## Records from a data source
- - -

-- ===== src/Parser/Always.antt =====
-- A property of what a call of the parser leaves, whether it succeeds or fails.
use ledger_arweave.Status.{ParserError, Step, ok, fail, ◌>>=◌, within, final}

-- The property holds of the state at the return, on either path.
unfoldable pub Always {ℓ} : {S : Type ℓ} → (S → Type 0) → Step S → Type 0
Always P (ok s) = P s
Always P (fail e s) = P s

pub Always-ok {ℓ} : {S : Type ℓ} (P : S → Type 0) (s : S) → P s → Always P (ok s)
unfolding Always
Always-ok P s h = h

pub Always-fail {ℓ} :
    {S : Type ℓ} (P : S → Type 0) (e : ParserError) (s : S) → P s → Always P (fail e s)
unfolding Always
Always-fail P e s h = h

pub Always-final {ℓ} : {S : Type ℓ} (P : S → Type 0) (m : Step S) → Always P m → P (final m)
unfolding Always
Always-final P (ok s) h = h
Always-final P (fail e s) h = h

pub Always->>= {ℓ} :
    {S : Type ℓ} (P : S → Type 0) (m : Step S) (f : S → Step S)
    → Always P m
    → ((s : S) → P s → Always P (f s))
    → Always P (m >>= f)
unfolding Always
Always->>= P (ok s) f h k = k s h
Always->>= P (fail e s) f h k = h

pub Always-within {ℓ κ} :
    {A : Type ℓ} {S : Type κ} (P : S → Type 0) (put : A → S) (m : Step A)
    → ((a : A) → P (put a))
    → Always P (within put m)
unfolding Always
Always-within P put (ok a) h = h a
Always-within P put (fail e a) h = h a

-- `within`, with a property of what the call leaves.
pub Always-into {ℓ κ} :
    {A : Type ℓ} {S : Type κ} (Q : A → Type 0) (P : S → Type 0) (put : A → S) (m : Step A)
    → Always Q m
    → ((a : A) → Q a → P (put a))
    → Always P (within put m)
unfolding Always
Always-into Q P put (ok a) h k = k a h
Always-into Q P put (fail e a) h k = k a h
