-- ===== src/Parser/Room.antt =====
-- The tag array keeps its 16 entries, whether or not the reading succeeds.
use ledger_arweave.Base.{
  ℕ, zero, suc, ◌+◌, ◌≡◌, refl, ap, ◌∙◌, Option, Bytes, arith, ltb, on_test, length, length-set,
  u16,
}
use ledger_arweave.Status.{final}
use ledger_arweave.Parser.{
  Context, Element, Tx, read_element, read_u16, read_tag, read_tags, read_field, check_format,
  check_owner, check_tags_count, read_tag_list, read, init, parse,
}
use ledger_arweave.Parser.Always.{Always, Always-fail, Always-final, Always->>=, Always-within}

abbrev pub HasRoom : Context × Tx → Type 0
HasRoom p = length p.1.tags ≡ 16

read_tags-HasRoom :
    (left i : ℕ) (p : Context × Tx) → HasRoom p → Always HasRoom (read_tags left i p)
unfolding read_tags Always
read_tags-HasRoom zero i p h = h
read_tags-HasRoom (suc left) i p h =
    Always->>= HasRoom _ _
      (Always-within HasRoom _ (read_tag (p.0, _)) λ a. length-set p.1.tags i a.1 ∙ h)
      λ s k. read_tags-HasRoom left (i + 1) s k

check_format-HasRoom : (p : Context × Tx) → HasRoom p → Always HasRoom (check_format p)
unfolding check_format Always
check_format-HasRoom p h = ground arith

check_owner-HasRoom : (p : Context × Tx) → HasRoom p → Always HasRoom (check_owner p)
unfolding check_owner Always
check_owner-HasRoom p h = ground arith

check_tags_count-HasRoom : (p : Context × Tx) → HasRoom p → Always HasRoom (check_tags_count p)
unfolding check_tags_count Always
check_tags_count-HasRoom p h = ground arith

read_tag_list-HasRoom : (p : Context × Tx) → HasRoom p → Always HasRoom (read_tag_list p)
unfolding read_tag_list
read_tag_list-HasRoom p h =
    Always->>= HasRoom _ _ (Always-within HasRoom _ (read_u16 (p.0, p.1.tags_count)) λ a. h) λ p h.
      Always->>= HasRoom _ _ (check_tags_count-HasRoom p h)
        λ p h. read_tags-HasRoom p.1.tags_count 0 p h

read_field-HasRoom :
    (get : Tx → Element) (put : Tx → Element → Tx) (p : Context × Tx)
    → ((v : Tx) (e : Element) → (put v e).tags ≡ v.tags)
    → HasRoom p
    → Always HasRoom (read_field get put p)
read_field-HasRoom get put p same h =
    Always-within HasRoom _ (read_element (p.0, get p.1)) λ a. ap length (same p.1 a.1) ∙ h

read-HasRoom : (p : Context × Tx) → HasRoom p → Always HasRoom (read p)
unfolding read
read-HasRoom p h =
    Always->>= HasRoom _ _
      (read_field-HasRoom (λ v. v.format) (λ v e. record v { format = e }) p (λ v e. refl) h)
      λ p h. Always->>= HasRoom _ _ (check_format-HasRoom p h) λ p h.
        Always->>= HasRoom _ _
          (read_field-HasRoom (λ v. v.owner) (λ v e. record v { owner = e }) p (λ v e. refl) h)
          λ p h. Always->>= HasRoom _ _ (check_owner-HasRoom p h) λ p h.
            Always->>= HasRoom _ _
              (read_field-HasRoom (λ v. v.target) (λ v e. record v { target = e }) p (λ v e. refl)
                h)
              λ p h.
                Always->>= HasRoom _ _
                  (read_field-HasRoom (λ v. v.quantity) (λ v e. record v { quantity = e }) p
                    (λ v e. refl) h)
                  λ p h.
                    Always->>= HasRoom _ _
                      (read_field-HasRoom (λ v. v.reward) (λ v e. record v { reward = e }) p
                        (λ v e. refl) h)
                      λ p h.
                        Always->>= HasRoom _ _
                          (read_field-HasRoom (λ v. v.last_tx) (λ v e. record v { last_tx = e }) p
                            (λ v e. refl) h)
                          λ p h. Always->>= HasRoom _ _ (read_tag_list-HasRoom p h) λ p h.
                            Always->>= HasRoom _ _
                              (read_field-HasRoom (λ v. v.data_size)
                                (λ v e. record v { data_size = e }) p (λ v e. refl) h)
                              λ p h.
                                read_field-HasRoom (λ v. v.data_root)
                                  (λ v e. record v { data_root = e }) p (λ v e. refl) h

pub parse-HasRoom :
    (p : Context × Tx) (bytes : Option Bytes) (size : ℕ)
    → HasRoom p
    → HasRoom (final (parse p bytes size))
unfolding parse
parse-HasRoom p bytes size h = Always-final HasRoom (parse p bytes size) (
    on_test (Always HasRoom) _ _ (ltb size 1) (λ _. Always-fail HasRoom _ p h)
      λ _.
        Always->>= HasRoom _ _ (Always-within HasRoom _ (init p.0 bytes (u16 size)) λ c. h)
          read-HasRoom)
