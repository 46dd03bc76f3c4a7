-- ===== src/Parser/Range.antt =====
-- The numbers of the parser stay within their C types and its cursor within the input, whether or not
-- the reading succeeds.
use ledger_arweave.Base.{
  length, le_of_ltb-false, u16, ◌≤◌, ℕ, zero, suc, ◌+◌, ◌<◌, List, [], ◌∷◌, All, arith, ltb,
  on_test, get_or, set, All-get_or,
}
use ledger_arweave.Status.{◌>>=◌, ok}
use ledger_arweave.Parser.{
  Context, Element, Tag, Tx, empty_tag, check_avail, advance, read_element, read_u16, read_tag,
  read_tags,
}
use ledger_arweave.Parser.Always.{Always, Always-ok, Always-fail, Always->>=, Always-into}

-- `uint16_t`
abbrev pub IsWord : ℕ → Type 0
IsWord n = n < 65536

-- The cursor is not behind the announced end of the input, and that end not behind its real one.
abbrev pub IsContext : Context → Type 0
IsContext c = IsWord c.buffer_len × (c.offset ≤ c.buffer_len) × (c.buffer_len ≤ length c.buffer)

abbrev pub IsElement : Element → Type 0
IsElement e = IsWord e.len

abbrev pub IsTag : Tag → Type 0
IsTag t = IsElement t.key × IsElement t.value

abbrev pub elements : Tx → List Element
elements v =
    v.format ∷ v.owner ∷ v.target ∷ v.quantity ∷ v.reward ∷ v.last_tx ∷ v.data_size ∷ v.data_root
    ∷ []

-- The lengths and the counters of the context and the object are 16-bit numbers, and the cursor is
-- not behind the end of the input.
pub record IsTyped (p : Context × Tx) : Type 0 where
  pub context : IsContext p.0
  pub fields : All IsElement (elements p.1)
  pub count : IsWord p.1.tags_count
  pub tags : All IsTag p.1.tags

check_avail-Always :
    {A : Type 0} (P : Context × A → Type 0) (size : ℕ) (s : Context × A)
    → P s
    → Always P (check_avail size s)
check_avail-Always P size s h =
    on_test (Always P) _ _ (ltb s.0.buffer_len (s.0.offset + size)) (λ _. Always-fail P _ s h)
      λ _. Always-ok P s h

advance-Always :
    {A : Type 0} (P : A → Type 0) (size : ℕ) (s : Context × A)
    → IsContext s.0
    → P s.1
    → Always (λ a. IsContext a.0 × P a.1) (advance size s)
advance-Always {A} P size s c h =
    on_test (λ r. Always Q (r >>= λ s. ok (record s.0 { offset = u16 (s.0.offset + size) }, s.1))) _
      _ (ltb s.0.buffer_len (s.0.offset + size)) (λ _. Always-fail Q _ s (c, h))
      λ n.
        Always-ok Q _
          ((c.0, omega (arith, le_of_ltb-false s.0.buffer_len (s.0.offset + size) n), c.2), h)
  where
    Q : Context × A → Type 0
    Q a = IsContext a.0 × P a.1

pub read_u16-Always :
    (s : Context × ℕ)
    → IsContext s.0
    → IsWord s.1
    → Always (λ a. IsContext a.0 × IsWord a.1) (read_u16 s)
unfolding read_u16
read_u16-Always s c h =
    Always->>= (λ a. IsContext a.0 × IsWord a.1) _ _
      (check_avail-Always (λ a. IsContext a.0 × IsWord a.1) 2 s (c, h))
      λ s k. advance-Always IsWord 2 _ k.0 (omega arith)

pub read_element-Always :
    (s : Context × Element)
    → IsContext s.0
    → IsElement s.1
    → Always (λ a. IsContext a.0 × IsElement a.1) (read_element s)
unfolding read_element
read_element-Always s c h =
    Always->>= (λ a. IsContext a.0 × IsElement a.1) _ _
      (Always-into (λ a. IsContext a.0 × IsWord a.1) (λ a. IsContext a.0 × IsElement a.1) _
        (read_u16 (s.0, s.1.len)) (read_u16-Always (s.0, s.1.len) c h) λ a k. k)
      λ s k.
        Always->>= (λ a. IsContext a.0 × IsElement a.1) _ _
          (check_avail-Always (λ a. IsContext a.0 × IsElement a.1) s.1.len s k)
          λ s k. advance-Always IsElement s.1.len _ k.0 k.1

read_tag-Always :
    (s : Context × Tag)
    → IsContext s.0
    → IsTag s.1
    → Always (λ a. IsContext a.0 × IsTag a.1) (read_tag s)
unfolding read_tag
read_tag-Always s c h =
    Always->>= (λ a. IsContext a.0 × IsTag a.1) _ _
      (Always-into (λ a. IsContext a.0 × IsElement a.1) (λ a. IsContext a.0 × IsTag a.1) _
        (read_element (s.0, s.1.key)) (read_element-Always (s.0, s.1.key) c h.0)
        λ a k. (k.0, (k.1, h.1)))
      λ s k.
        Always-into (λ a. IsContext a.0 × IsElement a.1) (λ a. IsContext a.0 × IsTag a.1) _
          (read_element (s.0, s.1.value)) (read_element-Always (s.0, s.1.value) k.0 k.1.1)
          λ a j. (j.0, (k.1.0, j.1))

All-set : (ts : List Tag) (i : ℕ) (t : Tag) → All IsTag ts → IsTag t → All IsTag (set ts i t)
All-set [] i t h k = tt
All-set (x ∷ ts) zero t h k = (k, h.1)
All-set (x ∷ ts) (suc i) t h k = (h.0, All-set ts i t h.1 k)

pub read_tags-IsTyped :
    (left i : ℕ) (p : Context × Tx) → IsTyped p → Always IsTyped (read_tags left i p)
unfolding read_tags
read_tags-IsTyped zero i p h = Always-ok IsTyped p h
read_tags-IsTyped (suc left) i p h =
    Always->>= IsTyped _ _
      (Always-into (λ a. IsContext a.0 × IsTag a.1) IsTyped _
        (read_tag (p.0, get_or p.1.tags i empty_tag))
        (read_tag-Always (p.0, get_or p.1.tags i empty_tag) h.context
          (All-get_or IsTag p.1.tags i empty_tag h.tags (omega arith, omega arith)))
        λ a k. record {
          context = k.0;
          fields = h.fields;
          count = h.count;
          tags = All-set p.1.tags i a.1 h.tags k.1;
        })
      λ s k. read_tags-IsTyped left (i + 1) s k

- - -

## WHAT THE TASK ASKS
Starting at the line that has "check_avail-Always P size" in the records above, restate word for word every line until the one that has "Q a = IsContext a.0 × P a.1", and include that one as well.

## RESULT OF THIS EXERCISE
check_avail-Always P size s h =
    on_test (Always P) _ _ (ltb s.0.buffer_len (s.0.offset + size)) (λ _. Always-fail P _ s h)
      λ _. Always-ok P s h

advance-Always :
    {A : Type 0} (P : A → Type 0) (size : ℕ) (s : Context × A)
    → IsContext s.0
    → P s.1
    → Always (λ a. IsContext a.0 × P a.1) (advance size s)
advance-Always {A} P size s c h =
    on_test (λ r. Always Q (r >>= λ s. ok (record s.0 { offset = u16 (s.0.offset + size) }, s.1))) _
      _ (ltb s.0.buffer_len (s.0.offset + size)) (λ _. Always-fail Q _ s (c, h))
      λ n.
        Always-ok Q _
          ((c.0, omega (arith, le_of_ltb-false s.0.buffer_len (s.0.offset + size) n), c.2), h)
  where
    Q : Context × A → Type 0
    Q a = IsContext a.0 × P a.1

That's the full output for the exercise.